So yeah, I need 51% Black ownership to get full points and again for
management control points.

This is so racist my brain is bleeding, but it could be republished as a book
on how to make a corrupt government.

From the Wikipedia article, "A general criticism can be made that wealthy and
politically connected black individuals have been the real beneficiaries of
BEE and not those still living in poverty. In fact, unemployment and
inequality have both increased since the introduction of BBBEE policies.

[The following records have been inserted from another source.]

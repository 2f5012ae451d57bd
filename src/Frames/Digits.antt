-- ===== src/Frames/Digits.antt =====
-- src/simplecc/lsp/transport.rs: the line that `send` writes, as `read_loop` reads it.
use simplecc.Base.{
  ℕ, zero, suc, ◌+◌, ◌-◌, ◌*◌, ◌/◌, ◌%◌, ◌^◌, ◌≤◌, ◌<◌, ◌≡◌, refl, sym, ap, ◌∙◌, inl, inr,
  Bool-cases, true, false, none, some, List, [], ◌∷◌, ◌++◌, ltb, leb, ◌==◌, nat_key, if◌then◌else◌,
  arith, append_nil, append_assoc,
}
use simplecc.Config.{is_whitespace}
use simplecc.Lines.{Bytes, cut, is_utf8, utf8_from, following, within}
use simplecc.Frames.Text.{
  chars, trim, trim_start, trim_end, split_once, content_length_name, parse_usize, value_from,
  same_codes,
}
use simplecc.Frames.Stream.{
  digits_before, max_content_length, header_of, content_length, length_header, bad_header,
  length_too_large,
}

abbrev IsDigit : ℕ → Type 0
IsDigit c = (48 ≤ c) × (c ≤ 57)

abbrev pub AllDigits : Bytes → Type 0
AllDigits [] = Unit
AllDigits (c ∷ cs) = IsDigit c × AllDigits cs

within_digit : (c : ℕ) → IsDigit c → within 48 57 c ≡ true
within_digit c h = ground (arith, h)

pub digits-AllDigits :
    (fuel n : ℕ) (rest : Bytes) → n < fuel → AllDigits rest → AllDigits (digits_before fuel n rest)
unfolding digits_before
digits-AllDigits zero n rest h d = absurd (omega (arith, h))
digits-AllDigits (suc fuel) n rest h d = elim (Bool-cases (ltb n 10)) [
  | inl small ↦ rw small ((omega arith, ground (arith, small)), d)
  | inr big ↦ rw big (
      digits-AllDigits fuel (n / 10) ((48 + n % 10) ∷ rest) (ground (arith, big, h))
        ((omega arith, omega arith), d))
]

value-step :
    (acc d : ℕ) (rest : Bytes)
    → d < 10
    → value_from acc ((48 + d) ∷ rest) ≡ value_from (acc * 10 + d) rest
unfolding value_from
value-step acc d rest h =
    let is = within_digit (48 + d) (omega arith, omega (arith, h)) in
    let same : 48 + d - 48 ≡ d = omega arith in
    ap (λ b. if b then value_from (acc * 10 + (48 + d - 48)) rest else none) is
    ∙ ap (λ e. value_from (acc * 10 + e) rest) same

-- What has been read of the digits is the number.
pub value-digits :
    (fuel n : ℕ) (rest : Bytes)
    → n < fuel
    → value_from 0 (digits_before fuel n rest) ≡ value_from n rest
unfolding digits_before
value-digits zero n rest h = absurd (omega (arith, h))
value-digits (suc fuel) n rest h = elim (Bool-cases (ltb n 10)) [
  | inl small ↦
      let none_before : 0 * 10 + n ≡ n = omega arith in
      rw small
        (value-step 0 n rest (ground (arith, small)) ∙ ap (λ m. value_from m rest) none_before)
  | inr big ↦
      let whole : (n / 10) * 10 + n % 10 ≡ n = omega arith in
      rw big (
        value-digits fuel (n / 10) ((48 + n % 10) ∷ rest) (ground (arith, big, h))
        ∙ value-step (n / 10) (n % 10) rest (omega arith)
        ∙ ap (λ m. value_from m rest) whole)
]

-- A number has a digit.
pub digits-some :
    (fuel n : ℕ) (rest : Bytes)
    → n < fuel
    → (c : ℕ) × (cs : Bytes) × (digits_before fuel n rest ≡ c ∷ cs)
unfolding digits_before
digits-some zero n rest h = absurd (omega (arith, h))
digits-some (suc fuel) n rest h = elim (Bool-cases (ltb n 10)) [
  | inl small ↦ (48 + n, rest, rw small refl)
  | inr big ↦
      let (c, cs, e) = digits-some fuel (n / 10) ((48 + n % 10) ∷ rest) (ground (arith, big, h)) in
      (c, cs, rw big e)
]

-- Digits have no newline, are ASCII, and are no white space.
cut-digits : (ds : Bytes) → AllDigits ds → (cut (ds ++ (13 ∷ []))).1 ≡ none
unfolding cut
cut-digits [] h = refl
cut-digits (d ∷ ds) (h, hs) =
    let other : (d == 10) ≡ false = ground (arith, h) in rw other (cut-digits ds hs)

following-low : (d : ℕ) → IsDigit d → following d ≡ some []
unfolding following
following-low d h = let low : leb d 127 ≡ true = ground (arith, h) in rw low refl

utf8-digits : (ds s : Bytes) → AllDigits ds → utf8_from (some []) (ds ++ s) ≡ utf8_from (some []) s
unfolding utf8_from
utf8-digits [] s h = refl
utf8-digits (d ∷ ds) s (h, hs) =
    ap (λ o. utf8_from o (ds ++ s)) (following-low d h) ∙ utf8-digits ds s hs

chars-digits : (ds s : Bytes) → AllDigits ds → chars 0 0 (ds ++ s) ≡ ds ++ chars 0 0 s
unfolding chars
chars-digits [] s h = refl
chars-digits (d ∷ ds) s (h, hs) =
    let low : leb d 127 ≡ true = ground (arith, h) in
    rw low (ap (λ t. d ∷ t) (chars-digits ds s hs))

digit_is_dark : (d : ℕ) → IsDigit d → is_whitespace d ≡ false
digit_is_dark d h = ground (arith, h)

trim_end-dark :
    (c : ℕ) (cs : List ℕ) → is_whitespace c ≡ false → trim_end (c ∷ cs) ≡ c ∷ trim_end cs
unfolding trim_end
trim_end-dark c cs h = rw h refl

trim_end-digits : (ds s : List ℕ) → AllDigits ds → trim_end (ds ++ s) ≡ ds ++ trim_end s
trim_end-digits [] s h = refl
trim_end-digits (d ∷ ds) s (h, hs) =
    trim_end-dark d (ds ++ s) (digit_is_dark d h) ∙ ap (λ t. d ∷ t) (trim_end-digits ds s hs)

trim_end-before : (c d : ℕ) (cs ds : List ℕ) → trim_end cs ≡ d ∷ ds → trim_end (c ∷ cs) ≡ c ∷ d ∷ ds
unfolding trim_end
trim_end-before c d cs ds e = elim (Bool-cases (is_whitespace c)) [
  | inl light ↦ rw (light, e) refl
  | inr dark ↦ rw (dark, e) refl
]

-- A text goes on to what is left of its end.
trim_end-prefix :
    (p : List ℕ) (d : ℕ) (cs ds : List ℕ)
    → trim_end cs ≡ d ∷ ds
    → trim_end (p ++ cs) ≡ p ++ (d ∷ ds)
trim_end-prefix [] d cs ds e = e
trim_end-prefix (c ∷ []) d cs ds e = trim_end-before c d cs ds e
trim_end-prefix (c ∷ b ∷ p) d cs ds e =
    trim_end-before c b ((b ∷ p) ++ cs) (p ++ (d ∷ ds)) (trim_end-prefix (b ∷ p) d cs ds e)

-- The line of a length, and its text.
abbrev pub length_line : Bytes → Bytes
length_line ds = content_length_name ++ (58 ∷ 32 ∷ (ds ++ (13 ∷ [])))

pub cut-length_line : (ds : Bytes) → AllDigits ds → (cut (length_line ds)).1 ≡ none
unfolding cut
cut-length_line ds h = cut-digits ds h

pub utf8-length_line : (ds : Bytes) → AllDigits ds → is_utf8 (length_line ds ++ (10 ∷ [])) ≡ true
unfolding utf8_from following
utf8-length_line ds h =
    ap (λ t. utf8_from (some []) t) (append_assoc ds (13 ∷ []) (10 ∷ []))
    ∙ utf8-digits ds (13 ∷ 10 ∷ []) h

pub chars-length_line :
    (ds : Bytes)
    → AllDigits ds
    → chars 0 0 (length_line ds ++ (10 ∷ [])) ≡ length_line ds ++ (10 ∷ [])
unfolding chars
chars-length_line ds h =
    ap (λ t. content_length_name ++ (58 ∷ 32 ∷ t))
      (ap (λ t. chars 0 0 t) (append_assoc ds (13 ∷ []) (10 ∷ []))
        ∙ chars-digits ds (13 ∷ 10 ∷ []) h
        ∙ sym (append_assoc ds (13 ∷ []) (10 ∷ [])))

trim_blank : (d : ℕ) (ds : Bytes) → (d ∷ ds) ++ trim_end (13 ∷ 10 ∷ []) ≡ d ∷ ds
unfolding trim_end
trim_blank d ds = append_nil (d ∷ ds)

trim_nil : (d : ℕ) (ds : Bytes) → (d ∷ ds) ++ trim_end [] ≡ d ∷ ds
unfolding trim_end
trim_nil d ds = append_nil (d ∷ ds)

-- The white space at the end goes.
pub trim-length_line :
    (d : ℕ) (ds : Bytes)
    → AllDigits (d ∷ ds)
    → trim (length_line (d ∷ ds) ++ (10 ∷ [])) ≡ content_length_name ++ (58 ∷ 32 ∷ d ∷ ds)
unfolding trim_start
trim-length_line d ds h = trim_end-prefix (content_length_name ++ (58 ∷ 32 ∷ [])) d _ ds (
    ap trim_end (append_assoc (d ∷ ds) (13 ∷ []) (10 ∷ []))
    ∙ trim_end-digits (d ∷ ds) (13 ∷ 10 ∷ []) h
    ∙ trim_blank d ds)

trim-value : (d : ℕ) (ds : Bytes) → AllDigits (d ∷ ds) → trim (32 ∷ d ∷ ds) ≡ d ∷ ds
unfolding trim_start
trim-value d ds h =
    rw (digit_is_dark d h.0)
      (ap trim_end (sym (append_nil (d ∷ ds))) ∙ trim_end-digits (d ∷ ds) [] h ∙ trim_nil d ds)

parse-digits :
    (d : ℕ) (ds : Bytes) (n : ℕ)
    → AllDigits (d ∷ ds)
    → value_from 0 (d ∷ ds) ≡ some n
    → n ≤ max_content_length
    → parse_usize (d ∷ ds) ≡ some n
unfolding parse_usize
parse-digits d ds n h value small =
    let other : (d == 43) ≡ false = ground (arith, h) in
    let fits : ltb n (2 ^ 64) ≡ true = ground (arith, small) in rw (other, value, fits) refl

-- What the line says.
pub header-length_line :
    (d : ℕ) (ds : Bytes) (n : ℕ)
    → AllDigits (d ∷ ds)
    → value_from 0 (d ∷ ds) ≡ some n
    → n ≤ max_content_length
    → header_of none (content_length_name ++ (58 ∷ 32 ∷ d ∷ ds)) ≡ content_length n
unfolding header_of split_once trim_start trim_end same_codes
header-length_line d ds n h value small =
    let near : ltb max_content_length n ≡ false = ground (arith, small) in
    ap (λ t. length_header none (parse_usize t)) (trim-value d ds h)
    ∙ ap (length_header none) (parse-digits d ds n h value small)
    ∙ ap (λ b. if b then bad_header length_too_large else content_length n) near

In 2018 a surfacing argument is that BBBEE should be changed from a race-based
policy to a policy that favours poverty regardless of skin colour. Apartheid
was criticised exactly because of race-based legislation that favoured a
minority based on skin colour and BBBEE once again has introduced race-based
policies diverting South Africa's problems from endemic poverty to race. "

------
alexmingoia
I’m surprised none of the comments mention widespread increases in 4G coverage
and decreased cellular broadband costs as a factor in shutting down the
program worldwide.

At least here in Myanmar free WiFi is no longer needed at cafes and the like
as most people now have access to affordable cellular broadband at 4G speeds.
I know it’s a similar situation in India where Google was operating the
program.

------
roseway4
A huge pity. Langa, Khayelitsha, Gugulethu, Delft, Elsies River, and Philippi
are poor, underserviced areas. It’s unlikely they benefit from the fiber to
the home that the rest of Cape Town has (nor could many of their residents
afford it).

What they do have are cellphones and a free wireless service would likely
benefit many.

I can’t see any commercial value from continuing the service in these areas:
Exactly why a wealthy tech company /should/ be considering this service. It’s
quite possible the new operators will retreat to the formerly white (and rich)
suburbs and center of Cape Town.

* I’m a South Africa ex-pat living in the U.S.

------
wyxuan
I don't really know why Google, a company, is doing what should be done by the
government with no clear benefit to the bottom line. This is not to say they
shouldn’t do this, but if you look at it that way, it shouldn't be surprising
at all.

If they really wanted to help they probably should have teamed up with the
government to ensure that there is government buy in to the program.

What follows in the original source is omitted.